June 23, 2009 Leave a comment

Every so often I am fortunate enough to be invited to participate (as speaker or facilitator) in a conference or summit that is focused on rights and licensing within industries outside of the usual suspects of music and media. However, it is generally pretty much the same in terms of the key challenges with getting stakeholders to agree the best ways to tackle this most pressing issue. So what was so different about the recent OGC Summit at MIT in Boston?

For one thing it was pleasant surprise to discover a sincere effort, by the good people of the Open Geo Spatial Consortium (OGC), to open up the debate to outsiders like myself and such experts as DRM Guru, Bill Rosenblatt; XACML Evangelist, Hal Lockhart; and other key speakers from related communities like the Science Commons and W3C. This was done deliberately to inject external but relevant perspectives into their deliberations (I think it has to do with the “Open” in their title). In any case I found it an interesting day’s event, full of enthusiastic participation by delegates and speakers, with some key take-outs, from my point-of-view, that include:

  • GeoData Exploitation – GeoRM poses unique challenges to the established world of Intellectual Property, eCommerce, Usage and Control, mainly because Geographical Data is a specific type of factual data, which is not in itself liable to copyright protection. However, the packaging, presentation and application of the data (which extends to the exciting world of Location Based Services) is definitely worth protecting and exploiting, hence the efforts by the OGC to nail this area before it becomes fragmented and uncontrollable is too late
  • Mash-Up Licensing – The direction of progress, in all likelihood, points towards a definitive move away from static to dynamic content usage, and from paper-based to electronic rights management (as highlighted by Graham Vowles – chair of the GeoRM WG in his opening address).
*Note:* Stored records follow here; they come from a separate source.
-- ===== src/Dialect/Columns.antt =====
-- Comparisons of a column `is_…`, as the expressions of gobackendkit/dialect/postgres_render.go
-- match them.
use Prim.Native.String.{String}
use go_project.Base.{
  ℕ, ◌≡◌, refl, List, [], ◌∷◌, ◌++◌, append_assoc, Option, none, some, Bool, true, false, ◌==◌,
  if◌then◌else◌, All, arith, ◌∙◌,
}
use go_project.Text.{codes, is_empty}
use go_project.Regexp.{
  exact, word, space, in_class, is_word, seq, edge, many, Groups, Next, run, run_one, run_many,
  match_at, stop, consumed, at_edge,
}
use go_project.Regexp.Refuted.{run-Refuted}
use go_project.Regexp.Absent.{IsShort, IsShort-Scarce}
use go_project.Regexp.Matching.{before_end, run_many_all, consumed-append}
use go_project.Dialect.Patterns.{any_case, plain, some_of, qualifier, bool_column, column_is}

-- ASCII letters, digits and `_`
abbrev pub IsWord : List ℕ → Type 0
IsWord s = All (λ (c : ℕ). is_word c ≡ true) s

-- The column `is_` and `name` of a table's alias, if there is one.
abbrev pub flag_column : List ℕ → List ℕ → List ℕ
flag_column alias name =
    if is_empty alias then codes "is_" ++ name else alias ++ (codes ".is_" ++ name)

word-in_class : (s : List ℕ) → IsWord s → All (λ (c : ℕ). in_class word c ≡ true) s
word-in_class [] h = tt
word-in_class (c ∷ s) (e, h) = (ground (arith, e), word-in_class s h)

-- `is_\w+` before a space
run_flag :
    (name rest : List ℕ) (prev : Option ℕ) (g : Groups) (next : Next) (x : List ℕ × Groups)
    → IsWord name
    → is_empty name ≡ false
    → ((p : Option ℕ) → next p (32 ∷ rest) g ≡ some x)
    → run (seq (any_case "is_") (some_of word)) prev (codes "is_" ++ (name ++ (32 ∷ rest))) g next
      ≡ some x
unfolding run
run_flag [] rest prev g next x h e n = absurd (ground (arith, e))
run_flag (c ∷ name) rest prev g next x (k, h) e n =
    let (l, ls) = word-in_class (c ∷ name) (k, h) in
    rw (l, run_one)
      (run_many_all word name 32 rest (some c) g next x ls refl (n (before_end (some c) name)))

-- No qualifier before a text without a point.
run_unqualified :
    (s : List ℕ) (prev : Option ℕ) (g : Groups) (next : Next)
    → IsShort (exact b'.') 1 s
    → run qualifier prev s g next ≡ next prev s g
unfolding run
run_unqualified s prev g next h =
    rw
      (
        run,
        run-Refuted (exact b'.') (IsShort (exact b'.')) (IsShort-Scarce (exact b'.'))
            (seq (some_of word) (plain ".")) 0 next (λ q t k r. absurd (omega (arith, r))) prev s g
            (omega (arith, h)),
      )
      refl

run_qualified :
    (alias rest : List ℕ) (prev : Option ℕ) (g : Groups) (next : Next) (x : List ℕ × Groups)
    → IsWord alias
    → is_empty alias ≡ false
    → next (some b'.') rest g ≡ some x
    → run qualifier prev (alias ++ (b'.' ∷ rest)) g next ≡ some x
unfolding run
run_qualified [] rest prev g next x h e n = absurd (ground (arith, e))
run_qualified (c ∷ alias) rest prev g next x (k, h) e n =
    let (l, ls) = word-in_class (c ∷ alias) (k, h) in
    rw
      (
        run,
        l,
        run_one,
        run_many_all word alias b'.' rest (some c) g (λ q t m. run (plain ".") q t m next) x ls refl
            n,
      )
      refl

IsShort-append :
    (d : ℕ) (a b : List ℕ)
    → All (λ (c : ℕ). (c == d) ≡ false) a
    → IsShort (exact d) 1 b
    → IsShort (exact d) 1 (a ++ b)
IsShort-append d [] b h k = k
IsShort-append d (c ∷ a) b (e, h) k = let r = IsShort-append d a b h k in ground (arith, e, r)

pub differs :
    (d : ℕ) (s : List ℕ) → is_word d ≡ false → IsWord s → All (λ (c : ℕ). (c == d) ≡ false) s
differs d [] e h = tt
differs d (c ∷ s) e (k, h) = (ground (arith, e, k), differs d s e h)

run_column :
    (alias name rest : List ℕ) (prev : Option ℕ) (g : Groups) (next : Next) (x : List ℕ × Groups)
    → IsWord alias
    → IsWord name
    → is_empty name ≡ false
    → IsShort (exact b'.') 1 (32 ∷ rest)
    → ((p : Option ℕ) → next p (32 ∷ rest) g ≡ some x)
    → run bool_column prev (flag_column alias name ++ (32 ∷ rest)) g next ≡ some x
unfolding run
run_column [] name rest prev g next x h k e d n =
    run_unqualified (codes "is_" ++ (name ++ (32 ∷ rest))) prev g
      (λ p t m. run (seq (any_case "is_") (some_of word)) p t m next)
      (let r = IsShort-append b'.' name (32 ∷ rest) (differs b'.' name refl k) d in
        omega (arith, r))
    ∙ run_flag name rest prev g next x k e n
run_column (c ∷ alias) name rest prev g next x h k e d n =
    rw (append_assoc (c ∷ alias) (codes ".is_" ++ name) (32 ∷ rest)) (
      run_qualified (c ∷ alias) (codes "is_" ++ (name ++ (32 ∷ rest))) prev g
        (λ p t m. run (seq (any_case "is_") (some_of word)) p t m next) x h refl
        (run_flag name rest (some b'.') g next x k e n))

abbrev pub bit_digit : Bool → String
bit_digit true = "1"
bit_digit false = "0"

-- The end of a comparison with a BIT.
abbrev pub equals_bit : Bool → List ℕ
equals_bit value = if value then codes " = 1" else codes " = 0"

starts_with_word :
    (alias name t : List ℕ) → IsWord alias → at_edge none (flag_column alias name ++ t) ≡ true
starts_with_word [] name t h = refl
starts_with_word (c ∷ alias) name t (e, h) = e

match_end :
    (value : Bool) (column : List ℕ) (p : Option ℕ)
    → run
        (seq (many space) (seq (plain "=") (seq (many space) (seq (plain (bit_digit value)) edge))))
        p
        (equals_bit value)
        ((1, consumed (column ++ equals_bit value) (equals_bit value)) ∷ [])
        stop
      ≡ some ([], (1, column) ∷ [])
unfolding run run_many
match_end true column p = rw (consumed-append column (codes " = 1")) refl
match_end false column p = rw (consumed-append column (codes " = 0")) refl

no_point : (value : Bool) → IsShort (exact b'.') 1 (equals_bit value)
no_point true = omega arith
no_point false = omega arith

pub match_column :
    (alias name : List ℕ) (value : Bool)
    → IsWord alias
    → IsWord name
    → is_empty name ≡ false
    → match_at (column_is (bit_digit value)) none (flag_column alias name ++ equals_bit value)
      ≡ some ([], (1, flag_column alias name) ∷ [])
unfolding match_at run
match_column alias name true h k e =
    rw (starts_with_word alias name (equals_bit true) h, run)
      (run_column alias name (codes "= 1") none [] _ _ h k e (no_point true)
        (match_end true (flag_column alias name)))
match_column alias name false h k e =
    rw (starts_with_word alias name (equals_bit false) h, run)
      (run_column alias name (codes "= 0") none [] _ _ h k e (no_point false)
        (match_end false (flag_column alias name)))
This indicates a forward look towards the potential to licence dynamic electronic applications and usage scenarios which are as yet undreamt hence the term “Mash-up licensing”.
  • Shades of control – after much debate over the impracticality of predicting future user intent or consumer behaviours, it quickly became clear that the issue of managing access to Geodata would require a gradient or shades of access and control that varies from consumers (i.e. lower controls) to more rigid forms for commercial enterprise / professional / government users. This neatly helps to focus efforts where the value lies (i.e. commercial usage), and to maximise the viral / social benefits derived from ordinary users (i.e. free advertising / capturing hearts & minds)

The second part of the day was devoted to finding the best ways forward / next steps towards establishing and developing a standardised model for encoding Geo rights models in a way that it will enable interoperability between the diverse licensing models used / required by different communities. The consensus was:

  1. to open up the debate via a forum that promotes greater dialogue between communities, and which will not just focus on technology but also the business requirements;
  2. To create a test bed for trying out these candidate models in a safe and trusted environment; and to create use cases for each domain in order to identify commonalities that would be used to make up the standard.
  3. Finally, to acknowledge that although a difficult undertaking, it is well worth it, even if it is “just for the common good” –a sentiment / motivation that the scientific community would certainly subscribe to!

So in all, it was a very useful exercise and one which when kicked off will possibly lead the way for other industries to emulate in resolving rights management issues from the front. If the only thing that results from this summit is the adoption of a bill of rights on geospatial data, (e.g. see O’Reilly’s post on Health Data Rights here) then it would be a job well done.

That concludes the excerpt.